Every line of the entries below that carries the string "Unit" should be copied.
--- START ---
-- ===== src/Catalog/Roles.antt =====
-- `_generated_role_client_vars`: the variables that each role of a client gets.
pub mod Hardened
pub mod Branches
pub mod Tailscale
use homecluster_infra.Base.{
  String, Bool, true, false, ◌||◌, ◌&&◌, not, Option, none, some, List, [], ◌∷◌, ◌==◌, string_eq,
  contains, sort, Result, ok, err, require, ◌>>=◌, ◌>>◌, if◌then◌else◌,
}
use homecluster_infra.Value.{
  Value, null, bool, int, pos, str, list, dict, Fields, end, field, lookup, set, has, get, get_or,
  update, keys, truth, value_eq, is_mapping,
}
use homecluster_infra.Catalog.Merge.{merge_nested_mapping}
use homecluster_infra.Catalog.Scalars.{as_bool, clean_string, clean_strings}
use homecluster_infra.Catalog.Storage.{
  persistent_stg_storage_vars, build_terraform_stg_group_vars, build_k3s_local_storage_vars,
  build_k3s_iscsi_session_vars,
}
use homecluster_infra.Catalog.NodeVars.{
  mapping_or_empty, build_base_vars, build_k3s_stg_agent_vars, build_k3s_stg_server_vars,
}

abbrev pub flag : String → Fields → Bool
flag key d = as_bool (get_or key (bool false) d)

abbrev enabled_in : String → Fields → Bool
enabled_in key ansible_pull_cfg = as_bool (get_or key (bool true) ansible_pull_cfg)

-- `ansible_pull_cfg.get("group_vars")` with the Terraform variables of the client merged in.
unfoldable pub client_group_vars : Fields → List String → Fields → Fields
client_group_vars hv role_names ansible_pull_cfg =
    let group_vars = mapping_or_empty (get "group_vars" ansible_pull_cfg) in
    let generated = build_terraform_stg_group_vars hv in
    let explicit = mapping_or_empty (get "role_terraform_stg" group_vars) in
    if contains role_names "terraform_stg"
      && enabled_in "terraform_stg_group_vars_enabled" ansible_pull_cfg
      && truth (dict generated)
    then set "role_terraform_stg" (dict (merge_nested_mapping generated explicit).0) group_vars
    else group_vars

-- The variables of the host's own tailscale role: three public settings and no key.
abbrev pub host_tailscale_entry : Fields → Fields
host_tailscale_entry hv = field "host_tailscale_enabled" (bool true) (
    field "host_tailscale_hostname" (get_or "host_tailscale_hostname" (str "") hv)
      (field "host_tailscale_storage_device" (get_or "k3s_local_storage_device" (str "") hv) end))

unfoldable pub add_host_tailscale : Fields → Fields → Result Fields
add_host_tailscale hv role_extra_vars =
    if flag "host_tailscale_enabled" hv
    then (do
      require
          (flag "k3s_local_storage_enabled" hv
            && not (
                flag "k3s_local_storage_force_format" hv
                || flag "k3s_local_storage_ephemeral_agent_data" hv))
          "host Tailscale requires persistent node storage"
      ok (set "host_tailscale" (dict (host_tailscale_entry hv)) role_extra_vars))
    else ok role_extra_vars

unfoldable pub add_base : Fields → Fields → List String → Fields → Fields
add_base hv cfg role_names role_extra_vars =
    let base_vars = build_base_vars hv cfg in
    if contains role_names "base" && truth (dict base_vars)
    then set "base" (dict base_vars) role_extra_vars
    else role_extra_vars

unfoldable pub add_picoclaw : Fields → List String → Fields → Fields
add_picoclaw hv role_names role_extra_vars =
    let picoclaw_cfg = get "picoclaw" hv in
    let current = mapping_or_empty (get_or "base" (dict end) role_extra_vars) in
    if contains role_names "base" && is_mapping picoclaw_cfg && truth picoclaw_cfg
    then set "base" (dict (merge_nested_mapping current (field "picoclaw" picoclaw_cfg end)).0)
        role_extra_vars
    else role_extra_vars

unfoldable pub add_stg_server :
    String → Fields → Fields → List String → String → Fields → Fields → Result Fields
add_stg_server hostname stg_storage_hv cfg role_names overlay_id ansible_pull_cfg role_extra_vars =
    if contains role_names "k3s_stg_server"
      && enabled_in "k3s_stg_server_vars_enabled" ansible_pull_cfg
    then (do
      vars ← build_k3s_stg_server_vars hostname stg_storage_hv cfg overlay_id "0600"
      ok (set "k3s_stg_server" (dict vars) role_extra_vars))
    else ok role_extra_vars

unfoldable pub add_stg_agent :
    String → Fields → Fields → List String → String → Fields → Fields → Result Fields
add_stg_agent hostname hv cfg role_names overlay_id ansible_pull_cfg role_extra_vars =
    if contains role_names "k3s_stg_agent"
      && enabled_in "k3s_stg_agent_vars_enabled" ansible_pull_cfg
    then (do
      vars ← build_k3s_stg_agent_vars hostname hv cfg overlay_id
      ok (set "k3s_stg_agent" (dict vars) role_extra_vars))
    else ok role_extra_vars

unfoldable pub add_stg_storage : Fields → Fields → List String → Fields → Fields → Fields
add_stg_storage hv stg_storage_hv role_names ansible_pull_cfg role_extra_vars =
    let default_sync = if contains role_names "k3s_stg_server" then bool false else null in
    let vars = build_k3s_local_storage_vars stg_storage_hv false default_sync in
    if contains role_names "k3s_stg_storage"
      && enabled_in "k3s_stg_storage_vars_enabled" ansible_pull_cfg
    then set "k3s_stg_storage" (dict (update vars (build_k3s_iscsi_session_vars hv)))
        role_extra_vars
    else role_extra_vars

-- What `_generated_role_client_vars` adds to the server variables of a production node.
abbrev prd_overrides : Fields → Fields
prd_overrides hv = field "k3s_build_cluster" (bool false) (
    field "k3s_control_node" (bool true) (
      field "k3s_flannel_backend" (get_or "k3s_flannel_backend" (str "vxlan") hv)
        (field "k3s_flannel_mtu" (get_or "k3s_flannel_mtu" (int (pos 1400)) hv) end)))

unfoldable pub add_prd_server :
    String → Fields → Fields → List String → String → Fields → Result Fields
add_prd_server hostname hv cfg role_names overlay_id role_extra_vars =
    let release = get "k3s_release_version" hv in
    if contains role_names "k3s_prd_server"
    then (do
      vars ← build_k3s_stg_server_vars hostname hv cfg overlay_id "0644"
      let server = update vars (prd_overrides hv)
      let pinned = if truth release then set "k3s_release_version" release server else server
      ok (set "k3s_prd_server" (dict pinned) role_extra_vars))
    else ok role_extra_vars

unfoldable pub add_prd_storage : Fields → List String → Fields → Fields
add_prd_storage hv role_names role_extra_vars =
    let vars = build_k3s_local_storage_vars hv false (bool false) in
    if contains role_names "k3s_prd_storage"
    then set "k3s_prd_storage" (dict (update vars (build_k3s_iscsi_session_vars hv)))
        role_extra_vars
    else role_extra_vars

-- The loop over `extra_vars_cfg.items()`.
unfoldable pub add_extra_vars : Fields → Fields → Result Fields
add_extra_vars end role_extra_vars = ok role_extra_vars
add_extra_vars (field role_name role_vars rest) role_extra_vars =
    let name = clean_string (str role_name) in
    let current = mapping_or_empty (get_or name (dict end) role_extra_vars) in
    let merged = (merge_nested_mapping current (mapping_or_empty role_vars)).0 in
    let go_on = add_extra_vars rest (
      if name == "" || not (is_mapping role_vars)
      then role_extra_vars
      else set name (dict merged) role_extra_vars) in
    if name == "host_tailscale"
    then err "host Tailscale boot configuration must use allow-listed host variables"
    else go_on

-- One round of the loop that keeps a persistent server away from destructive settings.
unfoldable pub harden_role : List String → String → Fields → Result Fields
harden_role role_names role_name role_extra_vars =
    if contains role_names role_name
    then (do
      vars ←
          persistent_stg_storage_vars
            (mapping_or_empty (get_or role_name (dict end) role_extra_vars))
      ok (set role_name (dict vars) role_extra_vars))
    else ok role_extra_vars

unfoldable pub harden : List String → List String → Fields → Result Fields
unfolding harden_role
harden [] role_names role_extra_vars = ok role_extra_vars
harden (role_name ∷ rest) role_names role_extra_vars =
    harden_role role_names role_name role_extra_vars >>= λ next. harden rest role_names next

-- One storage role under the host's tailscale checks.
unfoldable pub check_storage_role : Fields → String → Result (Unit {0})
check_storage_role role_extra_vars storage_role = do
  let storage_vars = mapping_or_empty (get_or storage_role (dict end) role_extra_vars)
  let device =
      get "host_tailscale_storage_device" (mapping_or_empty (get "host_tailscale" role_extra_vars))
  require
      (not (
        flag "k3s_local_storage_force_format" storage_vars
        || flag "k3s_local_storage_ephemeral_agent_data" storage_vars))
      "host Tailscale cannot use destructive storage overrides"
  require
      (not (
        truth (dict storage_vars)
        && not (value_eq (get_or "k3s_local_storage_device" (str "") storage_vars) device)))
      "host Tailscale device must match the effective storage role"

unfoldable pub check_host_tailscale : Fields → Result (Unit {0})
unfolding check_storage_role
check_host_tailscale role_extra_vars =
    if has "host_tailscale" role_extra_vars
    then (do
      check_storage_role role_extra_vars "k3s_stg_storage"
      check_storage_role role_extra_vars "k3s_prd_storage")
    else ok tt

-- One entry of `ansible_pull_client_vars` for each role, by name.
unfoldable pub client_vars : String → List String → Fields → List Fields
client_vars overlay_id [] role_extra_vars = []
client_vars overlay_id (role_name ∷ rest) role_extra_vars =
    field "overlay_id" (str overlay_id)
      (field "role" (str role_name) (field "vars" (get role_name role_extra_vars) end))
    ∷ client_vars overlay_id rest role_extra_vars

abbrev pub hardened_roles : List String
hardened_roles = "k3s_stg_storage" ∷ "k3s_stg_server" ∷ []

-- `role_extra_vars` as the branches for the client's roles leave it, before the explicit variables.
unfoldable pub built_role_vars :
    String → Fields → Fields → Fields → List String → String → Fields → Result Fields
built_role_vars hostname hv stg_storage_hv cfg role_names overlay_id ansible_pull_cfg = do
  with_tailscale ← add_host_tailscale hv end
  let with_base = add_picoclaw hv role_names (add_base hv cfg role_names with_tailscale)
  with_server ←
      add_stg_server hostname stg_storage_hv cfg role_names overlay_id ansible_pull_cfg with_base
  with_agent ← add_stg_agent hostname hv cfg role_names overlay_id ansible_pull_cfg with_server
  let with_storage = add_stg_storage hv stg_storage_hv role_names ansible_pull_cfg with_agent
  with_prd ← add_prd_server hostname hv cfg role_names overlay_id with_storage
  ok (add_prd_storage hv role_names with_prd)

-- The last value of `role_extra_vars`, with the checks that it passed.
unfoldable pub role_vars : String → Fields → Fields → List String → String → Result Fields
role_vars hostname hv cfg role_names overlay_id = do
  let ansible_pull_cfg = mapping_or_empty (get "ansible_pull" cfg)
  let persistent = contains role_names "k3s_stg_server"
  stg_storage_hv ← (if persistent then persistent_stg_storage_vars hv else ok hv)
  built ← built_role_vars hostname hv stg_storage_hv cfg role_names overlay_id ansible_pull_cfg
  extended ← add_extra_vars (mapping_or_empty (get "extra_vars" ansible_pull_cfg)) built
  hardened ← (if persistent then harden hardened_roles role_names extended else ok extended)
  check_host_tailscale hardened
  ok hardened

unfoldable pub generated_role_client_vars :
    String → Fields → Fields → List Value → String → Result (Fields × List Fields)
unfolding client_vars
generated_role_client_vars hostname hv cfg roles overlay_id = do
  let role_names = clean_strings roles
  let group_vars = client_group_vars hv role_names (mapping_or_empty (get "ansible_pull" cfg))
  vars ← role_vars hostname hv cfg role_names overlay_id
  ok (group_vars, client_vars overlay_id (sort (keys vars)) vars)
--- END ---
**ANSWER AREA**
unfoldable pub check_storage_role : Fields → String → Result (Unit {0})
unfoldable pub check_host_tailscale : Fields → Result (Unit {0})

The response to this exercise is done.